When researchers gave mice vaccines against both AgTRIO and CSP, they were almost completely free of parasites – a much stronger result than either vaccine administered alone. Thus, researchers believe that an AgTRIO vaccine might be able to act synergistically with the RTS,S vaccine – a combo that could provide much more effective protection against malaria.

But how does this work? Why does immunizing against spit help protect against a parasite? As weird as it seems, spit actually seems to play a big role in how blood-sucking bugs transmit infections to humans (or other animals) that they feed on. For example, tick saliva may increase the infectiousness of the bacteria that causes Lyme disease by altering responses of the host immune system. So it’s possible (although still controversial) that Plasmodium is getting a boost from mosquito spit. Interestingly, researchers still don’t know what AgTRIO does – so they’re not sure exactly how the vaccine against it helps to protect against Plasmodium. They do know that the AgTRIO vaccine caused the parasites to move more slowly through the skin of the host, which perhaps impeded their ability to cause a full-blown infection.

A crowd gathers around Crown Fountain in Chicago's Millenium Park, where a fountain appears to "spit" water on visitors.

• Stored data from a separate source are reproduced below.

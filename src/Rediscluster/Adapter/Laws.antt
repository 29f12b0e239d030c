-- ===== src/Rediscluster/Adapter/Laws.antt =====
-- What `NewClusterAdapter` of rediscluster/adapter.go promises of the adapter that it returns.
use svckit.Base.{
  ℕ, suc, ◌<◌, ◌≡◌, refl, ap, ◌∙◌, Bool, true, false, List, [], ◌∷◌, Option, none, some, length,
  arith,
}
use svckit.Base.Run.{done, ◌>>=◌}
use svckit.Base.Text.{Text, is_some}
use svckit.Rediscluster.Node.{RedisNode, is_usable}
use svckit.Rediscluster.Health.{Link, connect_to_node, link_up, client_of}
use svckit.Rediscluster.Adapter.{
  new_node, new_nodes, Connected, with_node, counted, last_of, connect_from, get_first_healthy_node,
}

-- The client that a link gives: none if the URL or the ping has an error.
abbrev pub client_up : Link → Option ℕ
client_up l = elim l.parse_error [
  | some e ↦ none
  | none ↦ elim l.ping_error [ some e ↦ none | none ↦ some l.new_client ]
]

abbrev pub earlier : Option ℕ → Option ℕ → Option ℕ
earlier none later = later
earlier (some c) later = some c

-- The client of the first link that is up, for the nodes from `i` on.
abbrev pub first_up : (ℕ → Link) → ℕ → List Text → Option ℕ
first_up links i [] = none
first_up links i (url ∷ urls) = earlier (client_up (links i)) (first_up links (suc i) urls)

-- A node and the error that connecting it leaves, by the client of the link.
abbrev Linked : Option ℕ → RedisNode → Option Text → Type 0
Linked none m r = (is_usable m ≡ false) × (is_some r ≡ true)
Linked (some c) m r = (is_usable m ≡ true) × (m.client ≡ some c) × (r ≡ none)

abbrev Joined : Link → RedisNode → Type 0
Joined l n = Linked (client_up l) (link_up l n).0 (link_up l n).1

link_up-Joined :
    (l : Link) (n : RedisNode) (parse ping : Option Text)
    → n.client ≡ none
    → l.parse_error ≡ parse
    → l.ping_error ≡ ping
    → Joined l n
unfolding link_up
link_up-Joined l n (some e) ping c p q = rw (link_up, p) (refl, refl)
link_up-Joined l n none (some e) c p q = rw (link_up, p, q) (refl, refl)
link_up-Joined l n none none c p q = rw (link_up, p, q) (refl, refl, refl)

-- What the loop from node `i` leaves, with `healthy` nodes counted before.
abbrev pub Rises : Option ℕ → ℕ → ℕ → Type 0
Rises none healthy total = total ≡ healthy
Rises (some c) healthy total = healthy < total

abbrev pub Loops : Option ℕ → ℕ → List Text → Connected → Type 0
Loops up healthy urls (ns, total, last) =
    (client_of (get_first_healthy_node ns) ≡ up)
    × (length ns ≡ length urls)
    × Rises up healthy total

first_healthy-cons :
    (m : RedisNode) (ns : List RedisNode) (b : Bool)
    → is_usable m ≡ b
    → get_first_healthy_node (m ∷ ns)
      ≡ (elim b [ true ↦ some m | false ↦ get_first_healthy_node ns ])
unfolding get_first_healthy_node
first_healthy-cons m ns true h = rw (get_first_healthy_node, h)
first_healthy-cons m ns false h = rw (get_first_healthy_node, h)

Rises-suc : (up : Option ℕ) (healthy total : ℕ) → Rises up (suc healthy) total → healthy < total
Rises-suc none healthy total h = omega (arith, h)
Rises-suc (some c) healthy total h = omega (arith, h)

Loops-cons :
    (up later : Option ℕ) (m : RedisNode) (r : Option Text) (healthy : ℕ) (url : Text)
    (urls : List Text) (c : Connected)
    → Linked up m r
    → Loops later (counted r healthy) urls c
    → Loops (earlier up later) healthy (url ∷ urls) (with_node m c)
Loops-cons none later m none healthy url urls (ns, total, last) l h = absurd (cc)
Loops-cons none later m (some e) healthy url urls (ns, total, last) l (first, len, rises) =
    (ap client_of (first_healthy-cons m ns false l.0) ∙ first, omega (arith, len), rises)
Loops-cons (some p) later m none healthy url urls (ns, total, last) l (first, len, rises) = (
  ap client_of (first_healthy-cons m ns true l.0) ∙ l.1,
  omega (arith, len),
  Rises-suc later healthy total rises,
)
Loops-cons (some p) later m (some e) healthy url urls (ns, total, last) l h = absurd (cc)

new_node-client : (i now : ℕ) (url : Text) → (new_node i now url).client ≡ none
unfolding new_node
new_node-client i now url = refl

pub connect_from-Loops :
    (clock : ℕ → ℕ) (links : ℕ → Link) (i healthy : ℕ) (last : Option Text) (urls : List Text)
    → (c : Connected) × (connect_from links i healthy last (new_nodes clock i urls) ≡ done c)
      × Loops (first_up links i urls) healthy urls c
unfolding connect_from new_nodes connect_to_node get_first_healthy_node
connect_from-Loops clock links i healthy last [] = (_, refl, (refl, refl, refl))
connect_from-Loops clock links i healthy last (url ∷ urls) =
    let n = new_node i (clock i) url in
    let l = links i in
    let r = link_up l n in
    let (c, e, loops) =
      connect_from-Loops clock links (suc i) (counted r.1 healthy) (last_of r.1 last) urls in
    let joined = link_up-Joined l n _ _ (new_node-client i (clock i) url) refl refl in
    (
      with_node r.0 c,
      ap (λ x. x >>= λ rest. done (with_node r.0 rest)) e,
      Loops-cons (client_up l) (first_up links (suc i) urls) r.0 r.1 healthy url urls c joined
          loops,
    )
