-- ===== src/ContextBudget.antt =====
-- context_budget.py: how much of a chat is sent, and the one retry with a shorter history.
-- Python's `int()` and `str.lower()` are arguments: `int` gives `none` where it raises.
pub mod Limit
pub mod Rejection
pub mod Guard
pub mod Policy
pub mod Prepared
pub mod Retried
mod Tests
use Prim.Native.String.{[] as empty, ◌∷◌ as ◌◁◌, ◌++◌ as ◌+++◌}
use Prim.Native.Char.{code}
use buddy2api.Prelude.{
  ℕ, zero, suc, ◌+◌, ◌-◌, ◌/◌, max, min, Bool, true, false, not, ◌&&◌, ◌||◌, Option, none, some,
  List, [], ◌∷◌, ◌++◌, String, str_eq, leb, ltb, ◌==◌, if◌then◌else◌, length, map,
}
use buddy2api.Prelude.Int.{ℤ, pos, negsuc, at_least}
use buddy2api.Prelude.Texts.{strip, lstrip, split, partition, is_empty, str_in}
use buddy2api.History.{
  Json, null, plain, str, arr, obj, Items, no_items, item, Fields, no_fields, field, get, to_list,
  flatten, estimate_prompt_tokens, trim_history,
}

abbrev pub output_reserve : ℕ
output_reserve = 8192

abbrev pub max_output_reserve : ℕ
max_output_reserve = 32768

abbrev pub huge_prompt_tokens : ℕ
huge_prompt_tokens = 100000

abbrev pub max_budget : ℕ
max_budget = 2000000

-- What Python brings.
pub record Builtins : Type 0 where
  pub to_int : Json → Option ℤ
  pub lower : String → String

-- `raw is None`
abbrev pub not_none : Option Json → Option Json
not_none (some null) = none
not_none o = o

abbrev pub or_else {ℓ} : {A : Type ℓ} → Option A → Option A → Option A
or_else (some a) b = some a
or_else none b = b

abbrev pub int_of : Builtins → Option Json → ℕ
int_of py none = 0
int_of py (some j) = elim (py.to_int j) [ none ↦ 0 | some n ↦ at_least 0 n ]

-- The tokens of output that the client asks for, 0 where it asks for none.
unfoldable pub asked : Builtins → Fields → ℕ
asked py payload =
    int_of py (
      or_else (not_none (get "max_tokens" payload))
        (not_none (get "max_completion_tokens" payload)))

abbrev pub reserve_for : ℕ → ℕ
reserve_for zero = output_reserve
reserve_for (suc n) = min (suc n) max_output_reserve

abbrev pub limit_for : ℕ → ℕ → ℕ
limit_for reserve budget = if leb budget reserve then max 1 (budget / 2) else budget - reserve

unfoldable pub input_limit : Builtins → Fields → ℕ → ℕ
unfolding asked
input_limit py payload budget = limit_for (reserve_for (asked py payload)) budget

abbrev pub messages_of : Option Json → Option (List Json)
messages_of (some (arr items)) = some (to_list items)
messages_of _ = none

abbrev pub cut_messages : Fields → ℕ → Option (List Json) → Fields × Bool
cut_messages payload limit none = (payload, false)
cut_messages payload limit (some messages) =
    let (trimmed, segments) = trim_history payload "messages" messages limit in
    if leb limit 0 || leb (estimate_prompt_tokens payload) limit
    then (payload, false)
    else (trimmed, ltb (length (flatten segments)) (length messages))

unfoldable pub trim_to_limit : Fields → ℕ → Fields × Bool
unfolding trim_history
trim_to_limit payload limit = cut_messages payload limit (messages_of (get "messages" payload))

-- `int(str(value).strip())` within 0 and the cap, 0 where it is no number.
abbrev pub parse_channel_budget : Builtins → String → ℕ
parse_channel_budget py value = min (int_of py (some (str (strip value)))) max_budget

abbrev pub entry : Builtins → String → Option (String × String) → String × ℕ
entry py part none = (strip part, parse_channel_budget py empty)
entry py part (some (name, value)) = (strip name, parse_channel_budget py value)

-- The table of CB_PRETRIM_CHANNELS, the last entry of a name first; `;` is replaced by `,`.
abbrev pub add_entry : String × ℕ → List (String × ℕ) → List (String × ℕ)
add_entry (name, budget) table = if is_empty name then table else (name, budget) ∷ table

unfoldable pub read_table : Builtins → List (String × ℕ) → List String → List (String × ℕ)
unfolding partition strip
read_table py table [] = table
read_table py table (part ∷ parts) =
    read_table py (add_entry (entry py part (partition "=" part)) table) parts

unfoldable pub commas : String → String
commas empty = empty
commas (c ◁ s) = if code c == code ";" then "," ◁ commas s else c ◁ commas s

unfoldable pub pretrim_channels : Builtins → String → List (String × ℕ)
unfolding read_table commas split strip
pretrim_channels py raw =
    if is_empty (strip raw) then [] else read_table py [] (split "," (commas raw))

abbrev pub lookup : String → List (String × ℕ) → Option ℕ
lookup name [] = none
lookup name ((key, budget) ∷ table) = if str_eq key name then some budget else lookup name table

-- The configuration: `loomy` is the answer of `loomy_input_budget`, and unset texts are empty.
pub record Config : Type 0 where
  pub loomy : ℕ
  pub pretrim : String
  pub saved : String → Option ℕ
  pub everywhere : String

abbrev pub default_to : Option ℕ → ℕ → ℕ
default_to none n = n
default_to (some m) n = m

unfoldable pub channel_input_budget : Builtins → Config → String → ℕ
unfolding pretrim_channels
channel_input_budget py cfg channel =
    if str_eq channel "loomy"
    then cfg.loomy
    else default_to (or_else (lookup channel (pretrim_channels py cfg.pretrim)) (cfg.saved channel))
        (parse_channel_budget py cfg.everywhere)

abbrev pub if_changed : Fields → Fields × Bool → Fields × Bool
if_changed payload (trimmed, true) = (trimmed, true)
if_changed payload (trimmed, false) = (payload, false)

-- `prepare_dispatch` under the channel's budget.
unfoldable pub prepare : Builtins → ℕ → Fields → Fields × Bool
unfolding input_limit trim_to_limit
prepare py zero payload = (payload, false)
prepare py (suc n) payload =
    let limit = input_limit py payload (suc n) in
    if leb (estimate_prompt_tokens payload) limit
    then (payload, false)
    else if_changed payload (trim_to_limit payload limit)

unfoldable pub recovery_payload : Fields → Fields × Bool
unfolding trim_to_limit
recovery_payload payload = trim_to_limit payload (max 1 (estimate_prompt_tokens payload / 2))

Spit: pretty good and fun actually.

Serge Melki via Wikimedia Commons

Immunizing against spit has other advantages too. The currently approved malaria vaccine only protects against infection by one species – Plasmodium falciparum. There are over a hundred species of Plasmodium and at least five of them cause disease in humans. Since the fifth – Plasmodium knowlesi – was only discovered to commonly infect humans in 2004, it’s possible that there could be more species infecting us that we have yet to discover. However, since all the Plasmodium species are accompanied by mosquitoes and their saliva, a spit vaccine could potentially provide much broader protection. It's possible that it could even provide protection against other diseases (like the O’nyong nyong virus, which infects people in East Africa) that are carried by Anopheles mosquitoes, although this has not yet been proven.

There’s still a lot of work to be done before the AgTRIO vaccine is ready to be tested on humans, but this study is potentially an important step in developing a more effective malaria vaccine that could save hundreds of thousands of lives. And with the rise of drug-resistant malaria, vaccines are needed more than ever.

Comment Peer Commentary

We ask other scientists from our Consortium to respond to articles with commentary from their expert perspective.

Kevin Pels

Chemical Biology

Dana-Farber Cancer Institute

Thanks for conveying a cool story. Could increasing the immune response to AgTRIO, which presumably has a significant concentration at the site of the bite, generate itchier and more painful bites via enhanced localized inflammation? It would be a small price to pay for not having a potentially deadly disease. That also makes me wonder if people who already have bad reactions to things like mosquito bites, bee stings, etc. may have some resistance to infectious diseases for the same reason.